Wednesday, February 9, 2011

Snowed In

At 4:30 in the morning it can be difficult to understand what is happening.  Even the lack of a sound at this time of night is enough to set a person's nerves on fire.  So when the fan we run for white noise suddenly whirred to a halt, we shot awake the same as if someone were being murdered in the next room.

The truly frightening part about losing power is that you don't initially know why you lost it.  We got our answer soon enough.  During the dig under the bed for flashlights we heard it - a cracking so loud it was like God ripped open the sky over our house.  But it wasn't thunder in December, and what followed next was not the expected rumbling roar of the air masses bumping into one another as they roll across the county.  It was a slicing and tearing and crashing that most people go their entire lives without hearing - the sound of wizened trees tumbling to their death as they succumb to the powers of ice and snow.

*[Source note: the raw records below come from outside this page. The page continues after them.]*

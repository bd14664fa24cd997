-- ===== src/Parse/Address.antt =====
-- scan, HTParse and HTRelative of Library/Implementation/HTParse.c.
-- HTSimplify, which HTParse calls on a path that it has put together, is the argument `simplify`.
pub mod RoundTrip
use Prim.Native.Nat.{bit_and}
use cern_httpd.Base.{
  ℕ, zero, suc, ◌+◌, Bool, true, false, ◌&&◌, ◌||◌, not, Option, none, some, List, [], ◌∷◌, ◌++◌,
  ltb, ◌==◌, if◌then◌else◌, codes, drop,
}
use cern_httpd.Str.{CStr, strchr, strrchr, chop_at, streq, strcasecomp, is_zero, before}

-- struct_parts
pub record Parts : Type 0 where
  pub access : Option CStr
  pub host : Option CStr
  pub absolute : Option CStr
  pub relative : Option CStr
  pub anchor : Option CStr

-- The first loop of scan: the access, and the text behind it. `seen` is the text from
-- `after_access` up to the pointer p.
unfoldable pub access_loop : CStr → CStr → Option CStr → CStr → Option CStr × CStr
unfolding strcasecomp is_zero
access_loop seen after_access access [] = (access, after_access)
access_loop seen after_access access (c ∷ p) =
    let ignored = access_loop [] p none p in
    let further = access_loop (seen ++ c ∷ []) after_access access p in
    if c == b':'
    then (if is_zero (strcasecomp (codes "URL") seen) then ignored else (some seen, p))
    else if c == b'/' || c == b'#'
    then (access, after_access)
    else further

-- The second loop: what stands between the first hash and the next.
unfoldable pub anchor_of : Option CStr → Option CStr
unfolding chop_at
anchor_of none = none
anchor_of (some []) = none
anchor_of (some (hash ∷ anchor)) = some (chop_at b'#' anchor)

unfoldable pub after_slash : Option CStr → Option CStr
after_slash none = none
after_slash (some []) = none
after_slash (some (slash ∷ path)) = some path

-- The rest of scan, for the text behind the access without its anchor.
unfoldable pub scan_path : Option CStr → Option CStr → CStr → Parts
unfolding after_slash chop_at strchr
scan_path access anchor [] = record {
  access = access;
  host = none;
  absolute = none;
  relative = none;
  anchor = anchor;
}
scan_path access anchor (c ∷ []) =
    if c == b'/'
    then record {
      access = access;
      host = none;
      absolute = some [];
      relative = none;
      anchor = anchor;
    }
    else record {
      access = access;
      host = none;
      absolute = none;
      relative = some (c ∷ []);
      anchor = anchor;
    }
scan_path access anchor (c ∷ d ∷ p) =
    if c == b'/'
    then (if d == b'/'
        then record {
          access = access;
          host = some (chop_at b'/' p);
          absolute = after_slash (strchr p b'/');
          relative = none;
          anchor = anchor;
        }
        else record {
          access = access;
          host = none;
          absolute = some (d ∷ p);
          relative = none;
          anchor = anchor;
        })
    else record {
      access = access;
      host = none;
      absolute = none;
      relative = some (c ∷ d ∷ p);
      anchor = anchor;
    }

unfoldable pub scan : CStr → Parts
unfolding access_loop anchor_of scan_path chop_at strchr
scan name =
    let (access, after_access) = access_loop [] name none name in
    scan_path access (anchor_of (strchr after_access b'#')) (chop_at b'#' after_access)

unfoldable pub or_else : Option CStr → Option CStr → Option CStr
or_else (some given) related = some given
or_else none related = related

-- PARSE_ACCESS and its kin.
abbrev pub parse_access : ℕ
parse_access = 16

abbrev pub parse_host : ℕ
parse_host = 8

abbrev pub parse_path : ℕ
parse_path = 4

abbrev pub parse_anchor : ℕ
parse_anchor = 2

abbrev pub parse_punctuation : ℕ
parse_punctuation = 1

abbrev pub parse_all : ℕ
parse_all = 31

-- `wanted & flag`
unfoldable pub wants : ℕ → ℕ → Bool
wants wanted flag = not (bit_and wanted flag == 0)

unfoldable pub punctuation : ℕ → CStr → CStr
unfolding wants
punctuation wanted sign = if wants wanted parse_punctuation then sign else []

-- Both are given, and differ.
unfoldable pub differ : Option CStr → Option CStr → Bool
unfolding streq
differ none related = false
differ (some given) none = false
differ (some given) (some related) = not (streq given related)

-- What is inherited of the related address if the accesses differ, and if the hosts do.
unfoldable pub inherit_access : Parts → Parts → Parts
unfolding differ
inherit_access given related =
    if differ given.access related.access
    then record related { host = none; absolute = none; relative = none; anchor = none }
    else related

unfoldable pub inherit_host : Parts → Parts → Parts
unfolding differ
inherit_host given related =
    if differ given.host related.host
    then record related { absolute = none; relative = none; anchor = none }
    else related

unfoldable pub put_access : ℕ → Option CStr → CStr
unfolding punctuation
put_access wanted none = []
put_access wanted (some access) = access ++ punctuation wanted (codes ":")

unfoldable pub put_host : ℕ → Option CStr → CStr
unfolding punctuation
put_host wanted none = []
put_host wanted (some host) = punctuation wanted (codes "//") ++ host

unfoldable pub put_anchor : ℕ → Option CStr → CStr
unfolding punctuation
put_anchor wanted none = []
put_anchor wanted (some anchor) = punctuation wanted (codes "#") ++ anchor

-- The text up to and with its last slash; `none` where the loop runs out of the string.
unfoldable pub through_last_slash : CStr → Option CStr → Option CStr
unfolding before
through_last_slash text none = none
through_last_slash text (some slash) = some (before text slash ++ b'/' ∷ [])

-- The related path with its file name, which ends before a search part, replaced.
unfoldable pub rebase : (CStr → CStr) → CStr → CStr → Option CStr
unfolding through_last_slash chop_at strrchr
rebase simplify result relative =
    let text = chop_at b'?' result in
    elim (through_last_slash text (strrchr text b'/')) [
      | none ↦ none
      | some directory ↦ some (simplify (directory ++ relative))
    ]

unfoldable pub adopt_path : (CStr → CStr) → CStr → Option CStr → Option CStr
unfolding rebase
adopt_path simplify result none = some result
adopt_path simplify result (some relative) = rebase simplify result relative

-- The part of HTParse for the path, behind the `result` so far.
unfoldable pub put_path :
    (CStr → CStr) → ℕ → CStr → Option CStr → Option CStr → Option CStr → Option CStr → Option CStr
unfolding punctuation adopt_path
put_path simplify wanted result (some absolute) relative related_absolute related_relative =
    some (result ++ (punctuation wanted (codes "/") ++ absolute))
put_path simplify wanted result none relative (some related_absolute) related_relative =
    adopt_path simplify (result ++ b'/' ∷ related_absolute) relative
put_path simplify wanted result none (some relative) none related_relative =
    some (result ++ relative)
put_path simplify wanted result none none none (some related_relative) =
    some (result ++ related_relative)
put_path simplify wanted result none none none none = some (result ++ b'/' ∷ [])

unfoldable pub add_anchor : ℕ → Option CStr → Option CStr → Option CStr
unfolding put_anchor
add_anchor wanted anchor none = none
add_anchor wanted anchor (some result) = some (result ++ put_anchor wanted anchor)

-- HTParse on the parts of the two addresses; `none` where its loop over the path runs out of the
-- string.
unfoldable pub parse_parts : (CStr → CStr) → Parts → Parts → ℕ → Option CStr
unfolding inherit_access inherit_host or_else wants put_access put_host put_path add_anchor
parse_parts simplify given related wanted =
    let access = or_else given.access related.access in
    let related1 = inherit_access given related in
    let related2 = inherit_host given related1 in
    let result = if wants wanted parse_access then put_access wanted access else [] in
    let result1 =
      result
      ++ (if wants wanted parse_host
          then put_host wanted (or_else given.host related1.host)
          else []) in
    let result2 =
      if wants wanted parse_path
      then put_path simplify wanted result1 given.absolute given.relative related2.absolute
          related2.relative
      else some result1 in
    if wants wanted parse_anchor
    then add_anchor wanted (or_else given.anchor related2.anchor) result2
    else result2

-- HTParse
unfoldable pub ht_parse : (CStr → CStr) → CStr → CStr → ℕ → Option CStr
unfolding scan parse_parts
ht_parse simplify name related_name wanted =
    parse_parts simplify (scan name) (scan related_name) wanted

Running to the window we caught the last moments of the fall as the tree grabbed hold of the second string of electrical wires.  Here is where we discovered that, in the moments prior to our waking, the lamppost had cracked in half and was swaying on its cables like a broken arm hanging by a tendon.

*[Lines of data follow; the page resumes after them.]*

-- ===== src/Parse/Address/RoundTrip.antt =====
-- An address that has all its parts is put together from them (scan and HTParse of HTParse.c).
use mathlib.Core.Path.{ap₂}
use cern_httpd.Base.{
  ℕ, ◌≡◌, ◌≢◌, refl, ap, sym, append-nil, ◌∙◌, false, Option, none, some, [], ◌∷◌, ◌++◌, All,
  All-append, ==_ne, ==_refl, append_assoc, codes, arith,
}
use cern_httpd.Str.{CStr, strchr, chop_at, strcasecomp, is_zero}
use cern_httpd.Parse.Address.{
  Parts, access_loop, anchor_of, scan_path, scan, after_slash, parse_parts, ht_parse, parse_all,
}

abbrev pub Lacks : ℕ → CStr → Type 0
Lacks c = All (λ d. d ≢ c)

pub chop_at-append : (c : ℕ) (s t : CStr) → Lacks c s → chop_at c (s ++ c ∷ t) ≡ s
unfolding chop_at
chop_at-append c [] t h = rw (==_refl c) refl
chop_at-append c (d ∷ s) t h = rw (==_ne d c h.0) (ap (λ x. d ∷ x) (chop_at-append c s t h.1))

pub chop_at-Lacks : (c : ℕ) (s : CStr) → Lacks c s → chop_at c s ≡ s
unfolding chop_at
chop_at-Lacks c [] h = refl
chop_at-Lacks c (d ∷ s) h = rw (==_ne d c h.0) (ap (λ x. d ∷ x) (chop_at-Lacks c s h.1))

pub strchr-append : (c : ℕ) (s t : CStr) → Lacks c s → strchr (s ++ c ∷ t) c ≡ some (c ∷ t)
unfolding strchr
strchr-append c [] t h = rw (==_refl c) refl
strchr-append c (d ∷ s) t h = rw (==_ne d c h.0) (strchr-append c s t h.1)

-- The characters of an access: no colon, slash or hash.
abbrev pub IsAccessChar : ℕ → Type 0
IsAccessChar c = (c ≢ b':') × (c ≢ b'/') × (c ≢ b'#')

abbrev pub IsAccess : CStr → Type 0
IsAccess access = All IsAccessChar access × (is_zero (strcasecomp (codes "URL") access) ≡ false)

access_loop-access :
    (s seen after_access rest : CStr) (access : Option CStr)
    → All IsAccessChar s
    → is_zero (strcasecomp (codes "URL") (seen ++ s)) ≡ false
    → access_loop seen after_access access (s ++ b':' ∷ rest) ≡ (some (seen ++ s), rest)
unfolding access_loop
access_loop-access [] seen after_access rest access h url =
    let url' : is_zero (strcasecomp (codes "URL") seen) ≡ false =
      ap (λ t. is_zero (strcasecomp (codes "URL") t)) (sym (append-nil seen)) ∙ url in
    rw url' (ap (λ t. (some t, rest)) (sym (append-nil seen)))
access_loop-access (c ∷ s) seen after_access rest access h url =
    rw (==_ne c b':' h.0.0, ==_ne c b'/' h.0.1, ==_ne c b'#' h.0.2)
      (access_loop-access s (seen ++ c ∷ []) after_access rest access h.1
          (rw (append_assoc seen (c ∷ []) s) url)
        ∙ ap (λ t. (some t, rest)) (append_assoc seen (c ∷ []) s))

abbrev pub full : CStr → CStr → CStr → CStr → CStr
full access host absolute anchor =
    access ++ b':' ∷ b'/' ∷ b'/' ∷ (host ++ b'/' ∷ (absolute ++ b'#' ∷ anchor))

abbrev full_parts : CStr → CStr → CStr → CStr → Parts
full_parts access host absolute anchor = record {
  access = some access;
  host = some host;
  absolute = some absolute;
  relative = none;
  anchor = some anchor;
}

abbrev pub path_text : CStr → CStr → CStr
path_text host absolute = b'/' ∷ b'/' ∷ (host ++ b'/' ∷ absolute)

scan_path-full :
    (access anchor : Option CStr) (host absolute : CStr)
    → Lacks b'/' host
    → scan_path access anchor (path_text host absolute) ≡ record {
      access = access;
      host = some host;
      absolute = some absolute;
      relative = none;
      anchor = anchor;
    }
unfolding scan_path after_slash
scan_path-full access anchor host absolute h =
    rw (chop_at-append b'/' host absolute h, strchr-append b'/' host absolute h) refl

Lacks-path_text :
    (host absolute : CStr)
    → Lacks b'#' host
    → Lacks b'#' absolute
    → Lacks b'#' (path_text host absolute)
Lacks-path_text host absolute h a =
    (omega arith, (omega arith, All-append _ host _ h (omega arith, a)))

path_text-append :
    (host absolute anchor : CStr)
    → b'/' ∷ b'/' ∷ (host ++ b'/' ∷ (absolute ++ b'#' ∷ anchor))
      ≡ path_text host absolute ++ b'#' ∷ anchor
path_text-append host absolute anchor = simp append_assoc

-- What scan does with the access and the text behind it.
abbrev scan_rest : Option CStr × CStr → Parts
scan_rest (access, after_access) =
    scan_path access (anchor_of (strchr after_access b'#')) (chop_at b'#' after_access)

scan-full :
    (access host absolute anchor : CStr)
    → IsAccess access
    → Lacks b'/' host
    → Lacks b'#' host
    → Lacks b'#' absolute
    → Lacks b'#' anchor
    → scan (full access host absolute anchor) ≡ full_parts access host absolute anchor
unfolding scan anchor_of
scan-full access host absolute anchor ha hs hh hp hr =
    let found =
      strchr-append b'#' (path_text host absolute) anchor (Lacks-path_text host absolute hh hp) in
    let chopped =
      chop_at-append b'#' (path_text host absolute) anchor (Lacks-path_text host absolute hh hp) in
    ap scan_rest (access_loop-access access [] (full access host absolute anchor) _ none ha.0 ha.1)
    ∙ ap (λ t. scan_rest (some access, t)) (path_text-append host absolute anchor)
    ∙ ap₂ (scan_path (some access)) (ap anchor_of found ∙ ap some (chop_at-Lacks b'#' anchor hr))
        chopped
    ∙ scan_path-full (some access) (some anchor) host absolute hs

parse_parts-full :
    (simplify : CStr → CStr) (access host absolute anchor : CStr) (related : Parts)
    → parse_parts simplify (full_parts access host absolute anchor) related parse_all
      ≡ some (
          (((access ++ codes ":") ++ (codes "//" ++ host)) ++ (codes "/" ++ absolute))
          ++ (codes "#" ++ anchor))
unfolding parse_parts
parse_parts-full simplify access host absolute anchor related = refl

-- HTParse, asked for all parts of an address that has them all, gives the address back, whatever it
-- is relative to.
pub ht_parse-full :
    (simplify : CStr → CStr) (access host absolute anchor related_name : CStr)
    → IsAccess access
    → Lacks b'/' host
    → Lacks b'#' host
    → Lacks b'#' absolute
    → Lacks b'#' anchor
    → ht_parse simplify (full access host absolute anchor) related_name parse_all
      ≡ some (full access host absolute anchor)
unfolding ht_parse
ht_parse-full simplify access host absolute anchor related_name ha hs hh hp hr =
    ap (λ given. parse_parts simplify given (scan related_name) parse_all)
      (scan-full access host absolute anchor ha hs hh hp hr)
    ∙ parse_parts-full simplify access host absolute anchor (scan related_name)
    ∙ ap some (joined_lem access host absolute anchor)
  where
    joined_lem :
        (access host absolute anchor : CStr)
        → (((access ++ codes ":") ++ (codes "//" ++ host)) ++ (codes "/" ++ absolute))
            ++ (codes "#" ++ anchor)
          ≡ full access host absolute anchor
    joined_lem access host absolute anchor = simp append_assoc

Snow alone can be an overtly suffocating thing.  Piles up to the windows, branches weighted and full, cold that permeates the marrow.  But ice is a powerful entity in a clandestine sort of way.  It can seep in where it isn't wanted, expand vulnerabilities, break things apart, and destroy - and that is exactly what it did while we had been sleeping.


The house quickly lost heat as the furnace could no longer run.  We were sure that incident was localized, and we figured to have power again soon.  Yet, as the morning grew on, and the icy snow-mix continued to dump from the sky, we began to worry.

Buried under many blankets next to the tiny hearth, we struggled to keep warm.  The thermostat read 52 degrees Fahrenheit and it was falling.  Our little fireplace was not designed to warm the entire house, and it certainly let us know this fact.  Only two hours after kindling the blaze as high as it would go, the glass door shattered.  Nature loves a good laugh and merely seconds after this fireplace tragedy we heard a now familiar sound as a second tree came crashing down, this time in the backyard, roots and all.  I suppose we were lucky that it fell only a few paces from our garage, and not on top of our cars.

This type of rare situation is when a person learns about how much the human body and mind can withstand.  For five days the ice continued to fall.  For five days we huddled under blankets to keep warm, listened to the transistor radio, and prayed that the pipes wouldn't freeze.  For five days we ate peanut butter sandwiches because it was the only thing we had that didn't require the refrigerator or stove.  For five days trees all around our property and community fell to their deaths, reminding us that we were not alone in our suffering.

And on the fifth night, when the electric company truck arrived at last, we could say without hyperbole that we must now understand how Edison felt when his light finally turned on.

1 comment:

  1. We're all at the mercy of nature. I guess you see it more quickly when there are lots of trees around.